Art. 353. — 130. Des dispositions analogues à celles de cet article se trouvent éparses dans le Code français (art. 1136, 1247, 1593 et 1605 à 1609) et elles n'y sont pas toutes en parfaite harmonie: la loi semble y avoir fait une différence, difficile à justifier, entre la vente et les autres contrats onéreux destinés à transférer la propriété. Le Projet s'attache, au contraire, à poser des règles communes à toutes ces sortes de contrats, ce qui réduira beaucoup les dispositions propres à chacun d'eux en particulier (d).
Il n'y a pas lieu de s'arrêter à la définition de la délivrance; c'est assez inutilement que le Code français a cru devoir la donner en ces termes: "le transport de la chose en la puissance et possession de l'acquéreur (art. 1604); " nous dirions, à notre tour, qu'elle consiste à mettre l'acquéreur en situation d'user, de jouir et de disposer librement de la chose comme sienne.
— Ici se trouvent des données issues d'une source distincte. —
-- ===== src/Resources/Reported/Feed.antt =====
-- internal/provider/package_feed_resource.go: the handlers of a package feed, against what they report.
use terraform_provider_uapi.Base.{false, refl, not, none, some, is_some, Option, List}
use terraform_provider_uapi.Base.Text.{◌<>◌}
use terraform_provider_uapi.Any.{str, end, entry}
use terraform_provider_uapi.Framework.{Diagnostic, value_string}
use terraform_provider_uapi.Platform.{Platform}
use terraform_provider_uapi.Client.Error.{Error}
use terraform_provider_uapi.Client.World.{Env, World}
use terraform_provider_uapi.Client.Request.{Client}
use terraform_provider_uapi.Client.Objects.{Fetched, missing, found, Written, written}
use terraform_provider_uapi.Provider.Crud.{Decoded}
use terraform_provider_uapi.Provider.Reported.{
  IsReported, is_refused, is_unread, is_missing, fails_behind, gone_behind, error-IsReported,
  save-IsReported, guarded-IsReported, guarded_write-IsReported,
}
use terraform_provider_uapi.Resources.PackageFeed
use terraform_provider_uapi.Resources.Reported.Requests.{
  post_refused, get_fails, get_misses, delete_refused, delete_accepted, AllReported,
}

module _ (set_state : PackageFeed.Model → List Diagnostic) (p : Platform) (c : Client) where
  package_feed_save_created-IsReported :
      (m : PackageFeed.Model) (r : Written) (env : Env) (w : World)
      → IsReported (is_refused r) false (PackageFeed.save_created set_state p m r env w)
  unfolding PackageFeed.save_created
  package_feed_save_created-IsReported m (Written.failure e) env w =
      error-IsReported PackageFeed.Model w _ refl
  package_feed_save_created-IsReported m (written obj etag) env w =
      save-IsReported set_state _ env _

  package_feed_save_fetched-IsReported :
      (m : PackageFeed.Model) (r : Fetched) (env : Env) (w : World)
      → IsReported (is_unread r) (is_missing r) (PackageFeed.save_fetched set_state p m r env w)
  unfolding PackageFeed.save_fetched
  package_feed_save_fetched-IsReported m (Fetched.failure e) env w =
      error-IsReported PackageFeed.Model w _ refl
  package_feed_save_fetched-IsReported m missing env w = (refl, refl, refl)
  package_feed_save_fetched-IsReported m (found obj etag) env w = save-IsReported set_state _ env _

  package_feed_deleted-IsReported :
      (r : Option Error) (env : Env) (w : World)
      → IsReported (is_some r) (not (is_some r)) (PackageFeed.deleted set_state p r env w)
  unfolding PackageFeed.deleted
  package_feed_deleted-IsReported none env w = (refl, refl, refl)
  package_feed_deleted-IsReported (some e) env w = error-IsReported PackageFeed.Model w _ refl

  pub package_feed-AllReported :
      (plan : Decoded PackageFeed.Model) (env : Env) (w : World)
      → AllReported p c env w
          ("/" <> PackageFeed.collection)
          ("/" <> PackageFeed.collection <> "/" <> value_string plan.0.id)
          (entry "name"
            (str (value_string plan.0.name))
            (entry "url" (str (value_string plan.0.url)) end))
          plan.1
          (PackageFeed.create set_state p c plan env w)
          (PackageFeed.refresh set_state p c plan env w)
          (PackageFeed.destroy set_state p c plan env w)
  unfolding PackageFeed.create PackageFeed.refresh PackageFeed.destroy
  package_feed-AllReported plan env w = (
    guarded_write-IsReported plan.1 _
        (post_refused p c ("/" <> PackageFeed.collection) env (
          entry "name" (str (value_string plan.0.name))
            (entry "url" (str (value_string plan.0.url)) end)))
        env w (package_feed_save_created-IsReported plan.0 _ env _),
    guarded-IsReported plan.1 _
        (get_fails p c ("/" <> PackageFeed.collection <> "/" <> value_string plan.0.id) env)
        (get_misses p c ("/" <> PackageFeed.collection <> "/" <> value_string plan.0.id) env) env w
        (package_feed_save_fetched-IsReported plan.0 _ env _),
    guarded-IsReported plan.1 _
        (delete_refused p c ("/" <> PackageFeed.collection <> "/" <> value_string plan.0.id) env)
        (delete_accepted p c ("/" <> PackageFeed.collection <> "/" <> value_string plan.0.id) env)
        env w (package_feed_deleted-IsReported _ env _),
  )

  pub package_feed_update-IsReported :
      (plan : Decoded PackageFeed.Model) (env : Env) (w : World)
      → IsReported
          (fails_behind plan.1
            (get_fails p c ("/" <> PackageFeed.collection <> "/" <> value_string plan.0.id) env)
            w)
          (gone_behind plan.1
            (get_misses p c ("/" <> PackageFeed.collection <> "/" <> value_string plan.0.id) env)
            w)
          (PackageFeed.update set_state p c plan env w)
  unfolding PackageFeed.update
  package_feed_update-IsReported plan env w =
      guarded-IsReported plan.1 _
        (get_fails p c ("/" <> PackageFeed.collection <> "/" <> value_string plan.0.id) env)
        (get_misses p c ("/" <> PackageFeed.collection <> "/" <> value_string plan.0.id) env) env w
        (package_feed_save_fetched-IsReported plan.0 _ env _)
Cette définition est commune à la tradition ou délivrance des choses fongibles, destinée à en transférer la propriété, et à celle des corps certains, servant à en donner seulement la possession, lorsqu'elle est déjà transférée par le consentememt (e).
D'abord, il est naturel que celui qui a transféré la propriété d'un corps certain, par le seul consentement, en fasse la délivrance ou livraison. Sans doute, à défaut de livraison, l'acquéreur pourrait toujours obtenir la chose par l'effet de la revendication; mais sa position serait plus difficile: dans cette action, il devrait faire la preuve, non seulement de la convention intervenue entre lui et l'aliénateur, mais encore du droit de propriété appartenant à celui-ci; si, au contraire, il a le droit d'agir seulement en délivrance, ce n'est qu'une action personnelle où il prouvera seulement la convention, et, après sa mise en possession, il sera défendeur aux revendications que prétendraient exercer les tiers. C'est certainement ce résultat qu'a eu en vue le Code français, quand il dit, dans l'article 1136: " l'obligation " de donner emporte celle de livrer; " quoiqu'il eût été plus exact de dire: la convention de donner emporte l'obligation de livrer.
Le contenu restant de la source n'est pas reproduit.